Le compte officiel TikTok de la CAF totalise plus de 1,4 million d’abonnés. TikTok entend devenir un portail incontournable du football, il a parrainé l’Euro l’an dernier. Le hashtag football a généré 273 milliards de vues.

En devenant partenaire officiel, le réseau de vidéos diffuse les images fortes des matchs du jour et propose des services de mise en scène à ses abonnés. Il offre donc une nouvelle vitrine mondiale au ballon rond africain. Et cela pour l’édition en cours, mais aussi pour la CAN 2022 ainsi que pour la CAN féminine qui se tiendra plus tard au Maroc. TikTok étant chinois, c’est aussi un outil d’influence supplémentaire pour Pékin, très présent en Afrique pour des raisons économiques et géopolitiques.

L’autre nouveau venu, Binance, est moins connu des fans de ballon rond, mais déjà répandu en Afrique

La société lancée à Hong Kong en 2017 est déjà la plus grande plate-forme d’échanges de cryptomonnaies présente en Afrique depuis 2018 avec une antenne en Ouganda. Son vœu : transformer les 300 millions de fans de la CAN en clients de sa plate-forme.

Le continent africain est un gisement prometteur pour les monnaies virtuelles ; elles sont déjà entrées dans la vie quotidienne des ménages pour les transferts d’un pays à un autre, surtout dans les pays où la monnaie est volatile.

Binance a aussi un autre objectif en tête : capter les amateurs de paris sportifs en ligne, qui font fureur parmi la jeunesse africaine. Des paris qui sont souvent proposés en monnaie virtuelle !

L’arrivée de ces nouveaux acteurs témoigne d’un engouement renforcé pour le sport africain ?

Ces deux sociétés surfent sur la diffusion du smartphone. C’est l’outil qui garantit aujourd’hui un débouché rapide à leurs services parmi la population africaine. Mais les autres grandes entreprises étrangères rechignent encore à s’engager dans les compétitions africaines.

Selon Vincent Chaudel, de l’Observatoire du sport business, les défaillances de l’organisation comme celle qui ont été constatées au Cameroun depuis le début de la compétition rebutent encore les grandes marques.
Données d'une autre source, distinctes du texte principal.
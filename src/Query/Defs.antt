-- ===== src/Query/Defs.antt =====
-- `Query` of a device (api.go).
use cloud_sdk_go.Base.{
  ℕ, ◌*◌, String, ◌&&◌, Option, none, some, List, [], ◌∷◌, ◌++◌, length, take, drop, min, ltb, ◌==◌,
  str_eq, is_empty, if◌then◌else◌, Failure, message, Result, ok, err, ◌>>=◌,
}
use cloud_sdk_go.App.Linking.{Outcome, panics, returns}
use cloud_sdk_go.Query.Types.{
  Envelop, CreateMultipartResponse, QueryResponse, failed, replied, Poll, cancelled, polled, Limits,
  Body, Request, Response, Proxy,
}
use cloud_sdk_go.Query.Upload.{upload_multipart, upload_single}

abbrev pub request_envelop : Request → Envelop
request_envelop r = record {
  method = r.method;
  url = r.url;
  headers = r.headers;
  object_url = "";
  body = "";
  query_id = "";
}

abbrev pub no_client : Failure
no_client = message "Failed to find the client for region"

-- The one `Read` of the body: what it returns, and the bytes that the reader has left.
unfoldable pub read_payload : Limits → Option Body → Result (List ℕ × List ℕ)
read_payload limits none = ok ([], [])
read_payload limits (some b) = elim b.first_error [
  | some e ↦ err e
  | none ↦ let n = min b.first limits.request_body_max in ok (take n b.bytes, drop n b.bytes)
]

-- Where a large body goes: the parts' URLs with the query's id, or a single object's URL.
pub data Target : Type 0 where
  multipart : CreateMultipartResponse → Target
  single : String → Target

-- The multipart object, and if the device does not know it the single one.
unfoldable pub create_target : Proxy → Result Target
create_target p = elim p.create_multipart [
  | failed e ↦ err e
  | replied status m ↦
      if status == 404
      then elim p.create_object [
        | failed e ↦ err e
        | replied status' url ↦
            if status' == 404
            then err (message "payload too large for this device")
            else if status' == 200
            then ok (if is_empty m.query_id then single url else multipart m)
            else err (message "failed to create object")
      ]
      else if status == 200
      then ok (if is_empty m.query_id then single "" else multipart m)
      else err (message "failed to create object")
]

-- The envelope of a large body, uploaded.
unfoldable pub store_body :
    Limits → Proxy → Envelop → Option Failure → List ℕ → Target → Outcome (Result Envelop)
store_body limits p env e bytes (multipart m) =
    elim (upload_multipart limits p.upload_part m.object_urls e bytes) [
      | panics ↦ panics
      | returns (err x) ↦ returns (err x)
      | returns (ok _) ↦ returns (ok (record env { query_id = m.query_id }))
    ]
store_body limits p env e bytes (single url) =
    returns (
      upload_single limits p.upload_object url e bytes >>= λ _.
      ok (record env { object_url = url }))

abbrev rest_error : Option Body → Option Failure
rest_error none = none
rest_error (some b) = b.rest_error

-- The envelope for the body: inline if the first read did not fill the buffer.
unfoldable pub prepare : Limits → Proxy → Request → List ℕ → List ℕ → Outcome (Result Envelop)
unfolding create_target store_body
prepare limits p r payload rest =
    let env = request_envelop r in
    if length payload == limits.request_body_max
    then (if p.has_client
        then elim (create_target p) [
          | err e ↦ returns (err e)
          | ok target ↦ store_body limits p env (rest_error r.body) (payload ++ rest) target
        ]
        else returns (err no_client))
    else returns (ok (record env { body = p.encode payload }))

-- The next pause between two polls.
unfoldable pub next_pause : Limits → ℕ → ℕ
next_pause limits pause =
    if ltb pause limits.status_poll_time_max
    then (if ltb limits.status_poll_time_max (pause * 2)
        then limits.status_poll_time_max
        else pause * 2)
    else pause

-- The loop of the polls: the pauses that it makes, and the last response. `none` means that the
-- query runs on after all the polls that are given.
unfoldable pub poll_status :
    Limits → ℕ → List Poll → QueryResponse → List ℕ × Option (Result QueryResponse)
unfolding next_pause
poll_status limits pause [] resp =
    if str_eq resp.status "RUNNING" then ([], none) else ([], some (ok resp))
poll_status limits pause (cancelled e ∷ polls) resp =
    if str_eq resp.status "RUNNING" then (pause ∷ [], some (err e)) else ([], some (ok resp))
poll_status limits pause (polled (failed e) ∷ polls) resp =
    if str_eq resp.status "RUNNING" then (pause ∷ [], some (err e)) else ([], some (ok resp))
poll_status limits pause (polled (replied status new) ∷ polls) resp =
    let (pauses, end) = poll_status limits (next_pause limits pause) polls new in
    if str_eq resp.status "RUNNING"
    then (if status == 200
        then (pause ∷ pauses, end)
        else (pause ∷ [], some (err (message "request error"))))
    else ([], some (ok resp))

-- The body of the response: an object to download, or the text itself. The status of the
-- download is not looked at: the test reads the status of the query's last reply, which is 200.
unfoldable pub response_body : Proxy → QueryResponse → Result (List ℕ)
response_body p resp =
    if is_empty resp.object_url
    then p.decode resp.body
    else elim (p.download resp.object_url) [ failed e ↦ err e | replied status bytes ↦ ok bytes ]

unfoldable pub finish : Proxy → Result QueryResponse → Result Response
unfolding response_body
finish p (err e) = err e
finish p (ok resp) = response_body p resp >>= λ bytes.
    ok (record { status_code = resp.code; headers = resp.headers; body = bytes })

-- The query itself, for an envelope that is ready; `plain` is the request without its body.
unfoldable pub run_query : Limits → Proxy → Envelop → List ℕ → Envelop → Option (Result Response)
unfolding finish
run_query limits p plain payload env = elim (p.query env) [
  | failed e ↦ some (err e)
  | replied status resp ↦
      if (status == 404) && ltb (length payload) limits.request_body_max
      then some (p.fallback plain payload)
      else if status == 200
      then elim (poll_status limits limits.status_poll_time_min p.polls resp).1 [
        | none ↦ none
        | some last ↦ some (finish p last)
      ]
      else some (err (message "failed to query"))
]

unfoldable pub query : Limits → Proxy → Request → Outcome (Option (Result Response))
unfolding read_payload
query limits p r = elim (read_payload limits r.body) [
  | err e ↦ returns (some (err e))
  | ok (payload, rest) ↦ elim (prepare limits p r payload rest) [
    | panics ↦ panics
    | returns (err e) ↦ returns (some (err e))
    | returns (ok env) ↦ returns (
        if p.has_client
        then run_query limits p (request_envelop r) payload env
        else some (err no_client))
  ]
]
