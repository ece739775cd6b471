-- ===== src/Query/Bodies.antt =====
-- What is sent and what comes back.
use cloud_sdk_go.Base.{
  ℕ, ◌<◌, ◌≡◌, refl, sym, ap, ◌∙◌, inl, inr, Option-cases, true, false, Option, none, some, List,
  [], ◌∷◌, arith, length, take, drop, min, str_eq, is_empty, Result, ok, err, if◌then◌else◌, zero,
  suc,
}
use cloud_sdk_go.App.Linking.{Outcome, returns}
use cloud_sdk_go.Query.Types.{
  Envelop, QueryResponse, failed, replied, Poll, cancelled, polled, Limits, Body, Request, Response,
  Proxy,
}
use cloud_sdk_go.Query.Defs.{
  request_envelop, no_client, prepare, run_query, poll_status, response_body, finish, query,
}

length-take-min : (n : ℕ) (xs : List ℕ) → length (take n xs) ≡ min n (length xs)
length-take-min zero xs = omega arith
length-take-min (suc n) [] = omega arith
length-take-min (suc n) (x ∷ xs) = omega (arith, length-take-min n xs)

take-take : (n : ℕ) (xs : List ℕ) → take n (take n xs) ≡ take n xs
take-take zero xs = refl
take-take (suc n) [] = refl
take-take (suc n) (x ∷ xs) = ap (λ ys. x ∷ ys) (take-take n xs)

-- The answer to a request whose first read of the body does not fill the buffer.
abbrev inline_answer : Limits → Proxy → Request → List ℕ → Outcome (Option (Result Response))
inline_answer limits p r payload =
    let env = request_envelop r in
    returns (
      if p.has_client
      then run_query limits p env payload (record env { body = p.encode payload })
      else some (err no_client))

prepare_inline :
    (limits : Limits) (p : Proxy) (r : Request) (payload rest : List ℕ)
    → length payload < limits.request_body_max
    → prepare limits p r payload rest
      ≡ returns (ok (record (request_envelop r) { body = p.encode payload }))
unfolding prepare
prepare_inline limits p r payload rest h = ground arith

query_inline :
    (limits : Limits) (p : Proxy) (r : Request) (b : Body)
    → b.first < limits.request_body_max
    → b.first_error ≡ none
    → query limits p (record r { body = some b }) ≡ inline_answer limits p r (take b.first b.bytes)
unfolding query
query_inline limits p r b h e =
    let n : min b.first limits.request_body_max ≡ b.first = omega arith in
    let r' : Request = record r { body = some b } in
    let payload = take b.first b.bytes in
    let rest = drop b.first b.bytes in
    let l = length-take-min b.first b.bytes in
    rw (e, query, n, prepare_inline limits p r' payload rest (omega arith), n)

-- A request whose body's first read returns fewer bytes than the buffer holds is answered exactly
-- as one whose body ends after those bytes: what is left of the body is not sent.
pub query_truncates :
    (limits : Limits) (p : Proxy) (r : Request) (b : Body)
    → b.first < limits.request_body_max
    → query limits p (record r { body = some b })
      ≡ query limits p (record r { body = some (record b { bytes = take b.first b.bytes }) })
query_truncates limits p r b h = elim (Option-cases b.first_error) [
  | inl e ↦
      let short : Body = record b { bytes = take b.first b.bytes } in
      query_inline limits p r b h e
      ∙ ap (inline_answer limits p r) (sym (take-take b.first b.bytes))
      ∙ sym (query_inline limits p r short h e)
  | inr (x, e) ↦ unfold query in rw (e, query)
]

poll_done :
    (limits : Limits) (pause : ℕ) (polls : List Poll) (resp : QueryResponse)
    → str_eq resp.status "RUNNING" ≡ false
    → poll_status limits pause polls resp ≡ ([], some (ok resp))
unfolding poll_status
poll_done limits pause [] resp h = rw h
poll_done limits pause (cancelled e ∷ polls) resp h = rw h
poll_done limits pause (polled (failed e) ∷ polls) resp h = rw h
poll_done limits pause (polled (replied status new) ∷ polls) resp h = rw h

answered :
    (limits : Limits) (p : Proxy) (plain : Envelop) (payload : List ℕ) (resp : QueryResponse)
    (bytes : List ℕ)
    → p.query (record plain { body = p.encode payload }) ≡ replied 200 resp
    → str_eq resp.status "RUNNING" ≡ false
    → response_body p resp ≡ ok bytes
    → run_query limits p plain payload (record plain { body = p.encode payload })
      ≡ some (ok (record { status_code = resp.code; headers = resp.headers; body = bytes }))
unfolding run_query finish
answered limits p plain payload resp bytes sent done given =
    ground (arith, poll_done limits limits.status_poll_time_min p.polls resp done)

-- The answer to a request whose body is read whole and does not fill the buffer.
whole_answer :
    (limits : Limits) (p : Proxy) (r : Request) (b : Body) (resp : QueryResponse) (bytes : List ℕ)
    → b.first < limits.request_body_max
    → b.first_error ≡ none
    → take b.first b.bytes ≡ b.bytes
    → p.has_client ≡ true
    → p.query (record (request_envelop r) { body = p.encode b.bytes }) ≡ replied 200 resp
    → str_eq resp.status "RUNNING" ≡ false
    → response_body p resp ≡ ok bytes
    → query limits p (record r { body = some b })
      ≡ returns
          (some (ok (record { status_code = resp.code; headers = resp.headers; body = bytes })))
whole_answer limits p r b resp bytes h e whole client sent done given =
    query_inline limits p r b h e
    ∙ simp (whole, client)
        (ap (λ x. returns x)
          (answered limits p (request_envelop r) b.bytes resp bytes sent done given))

inline_body :
    (p : Proxy) (resp : QueryResponse) (bytes : List ℕ)
    → is_empty resp.object_url ≡ true
    → p.decode resp.body ≡ ok bytes
    → response_body p resp ≡ ok bytes
unfolding response_body
inline_body p resp bytes inline decoded = ground arith

downloaded_body :
    (p : Proxy) (resp : QueryResponse) (status : ℕ) (bytes : List ℕ)
    → is_empty resp.object_url ≡ false
    → p.download resp.object_url ≡ replied status bytes
    → response_body p resp ≡ ok bytes
unfolding response_body
downloaded_body p resp status bytes o d = ground arith

-- A request whose body is read whole and does not fill the buffer, to a device with a client, is
-- sent with the encoded body; if the cloud has the answer at once, with its text inline, the
-- caller gets the answer's code, headers and decoded body.
pub query_answers :
    (limits : Limits) (p : Proxy) (r : Request) (b : Body) (resp : QueryResponse) (bytes : List ℕ)
    → b.first < limits.request_body_max
    → b.first_error ≡ none
    → take b.first b.bytes ≡ b.bytes
    → p.has_client ≡ true
    → p.query (record (request_envelop r) { body = p.encode b.bytes }) ≡ replied 200 resp
    → str_eq resp.status "RUNNING" ≡ false
    → is_empty resp.object_url ≡ true
    → p.decode resp.body ≡ ok bytes
    → query limits p (record r { body = some b })
      ≡ returns
          (some (ok (record { status_code = resp.code; headers = resp.headers; body = bytes })))
query_answers limits p r b resp bytes h e whole client sent done inline decoded =
    whole_answer limits p r b resp bytes h e whole client sent done
      (inline_body p resp bytes inline decoded)

-- A request whose body is read whole and does not fill the buffer, to a device with a client, is
-- sent with the encoded body; if the cloud has the answer at once and it refers to an object,
-- the caller gets the answer's code and headers with whatever bytes the download replies, as a success, whatever the download's status.
pub query_download_any_status :
    (limits : Limits) (p : Proxy) (r : Request) (b : Body) (resp : QueryResponse) (status : ℕ)
    (bytes : List ℕ)
    → b.first < limits.request_body_max
    → b.first_error ≡ none
    → take b.first b.bytes ≡ b.bytes
    → p.has_client ≡ true
    → p.query (record (request_envelop r) { body = p.encode b.bytes }) ≡ replied 200 resp
    → str_eq resp.status "RUNNING" ≡ false
    → is_empty resp.object_url ≡ false
    → p.download resp.object_url ≡ replied status bytes
    → query limits p (record r { body = some b })
      ≡ returns
          (some (ok (record { status_code = resp.code; headers = resp.headers; body = bytes })))
query_download_any_status limits p r b resp status bytes h e whole client sent done object got =
    whole_answer limits p r b resp bytes h e whole client sent done
      (downloaded_body p resp status bytes object got)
Pour rappel : un match écourté à cause d’un arbitre, des hymnes nationaux introuvables ou encore les écrans de publicités qui ne sont pas allumés au début de la rencontre.

Le foot africain a un potentiel économique encore largement sous-exploité. Son chiffre d’affaires global équivaut à celui de la première division d’un pays européen, les retransmissions sont plus souvent le fruit de troc que de mises aux enchères des droits télé.

Selon Vincent Chaudel, l’organisation plus rigoureuse et plus fiable pourrait séduire de nouveaux sponsors.